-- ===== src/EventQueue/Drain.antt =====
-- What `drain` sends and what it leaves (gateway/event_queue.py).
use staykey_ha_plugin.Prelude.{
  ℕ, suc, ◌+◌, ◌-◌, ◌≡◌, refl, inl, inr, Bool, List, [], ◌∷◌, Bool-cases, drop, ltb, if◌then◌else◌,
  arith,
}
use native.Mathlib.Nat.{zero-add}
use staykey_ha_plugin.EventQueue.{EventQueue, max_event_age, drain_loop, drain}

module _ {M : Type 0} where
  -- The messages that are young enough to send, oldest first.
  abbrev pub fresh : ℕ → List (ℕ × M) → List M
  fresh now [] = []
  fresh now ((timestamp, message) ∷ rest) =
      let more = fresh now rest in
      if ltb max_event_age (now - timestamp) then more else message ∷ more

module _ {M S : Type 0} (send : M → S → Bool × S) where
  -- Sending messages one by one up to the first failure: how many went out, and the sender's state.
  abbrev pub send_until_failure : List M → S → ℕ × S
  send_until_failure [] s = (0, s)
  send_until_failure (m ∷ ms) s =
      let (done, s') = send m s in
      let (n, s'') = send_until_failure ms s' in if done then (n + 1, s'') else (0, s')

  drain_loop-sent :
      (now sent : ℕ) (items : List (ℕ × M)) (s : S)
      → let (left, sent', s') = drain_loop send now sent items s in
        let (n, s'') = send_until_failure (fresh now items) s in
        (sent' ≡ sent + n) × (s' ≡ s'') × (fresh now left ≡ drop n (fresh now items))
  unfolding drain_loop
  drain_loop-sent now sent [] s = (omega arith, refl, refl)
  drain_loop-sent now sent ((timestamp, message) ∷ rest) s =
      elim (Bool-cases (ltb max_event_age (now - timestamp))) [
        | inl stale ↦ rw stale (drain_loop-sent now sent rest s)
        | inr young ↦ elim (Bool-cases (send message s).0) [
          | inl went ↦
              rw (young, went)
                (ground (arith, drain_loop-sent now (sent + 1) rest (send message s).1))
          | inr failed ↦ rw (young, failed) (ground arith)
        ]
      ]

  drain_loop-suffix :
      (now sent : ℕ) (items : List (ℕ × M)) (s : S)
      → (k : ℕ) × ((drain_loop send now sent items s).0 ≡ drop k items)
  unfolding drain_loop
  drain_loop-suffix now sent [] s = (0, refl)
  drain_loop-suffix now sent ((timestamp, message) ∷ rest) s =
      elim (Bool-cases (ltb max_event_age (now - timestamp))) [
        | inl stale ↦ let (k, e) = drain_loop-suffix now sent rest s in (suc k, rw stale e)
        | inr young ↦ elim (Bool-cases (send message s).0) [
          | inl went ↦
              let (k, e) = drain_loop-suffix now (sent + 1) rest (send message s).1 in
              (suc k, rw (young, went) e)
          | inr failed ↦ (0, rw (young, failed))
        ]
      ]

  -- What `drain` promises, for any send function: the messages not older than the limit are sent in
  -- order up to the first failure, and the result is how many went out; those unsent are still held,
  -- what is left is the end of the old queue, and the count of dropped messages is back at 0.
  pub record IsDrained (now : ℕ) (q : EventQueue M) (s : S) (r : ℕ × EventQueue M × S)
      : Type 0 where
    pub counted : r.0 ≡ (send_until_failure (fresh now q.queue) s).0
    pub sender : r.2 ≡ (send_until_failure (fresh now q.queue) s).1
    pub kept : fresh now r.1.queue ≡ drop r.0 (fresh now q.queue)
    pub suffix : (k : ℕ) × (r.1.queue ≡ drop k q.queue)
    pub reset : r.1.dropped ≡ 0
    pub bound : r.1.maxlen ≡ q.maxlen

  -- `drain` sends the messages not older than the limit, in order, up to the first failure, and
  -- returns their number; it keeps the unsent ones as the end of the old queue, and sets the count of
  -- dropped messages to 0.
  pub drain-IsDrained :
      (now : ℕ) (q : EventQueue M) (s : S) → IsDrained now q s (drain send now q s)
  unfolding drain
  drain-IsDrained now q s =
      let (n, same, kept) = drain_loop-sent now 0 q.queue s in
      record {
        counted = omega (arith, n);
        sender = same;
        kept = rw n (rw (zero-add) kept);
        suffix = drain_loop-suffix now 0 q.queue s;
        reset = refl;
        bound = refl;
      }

============================================================

Output only a verbatim copy of the lines spanning from the line that contains "drain-IsDrained now q" to the end of the records above.

* SOLUTION FOR THIS PROBLEM
  drain-IsDrained now q s =
      let (n, same, kept) = drain_loop-sent now 0 q.queue s in
      record {
        counted = omega (arith, n);
        sender = same;
        kept = rw n (rw (zero-add) kept);
        suffix = drain_loop-suffix now 0 q.queue s;
        reset = refl;
        bound = refl;
      }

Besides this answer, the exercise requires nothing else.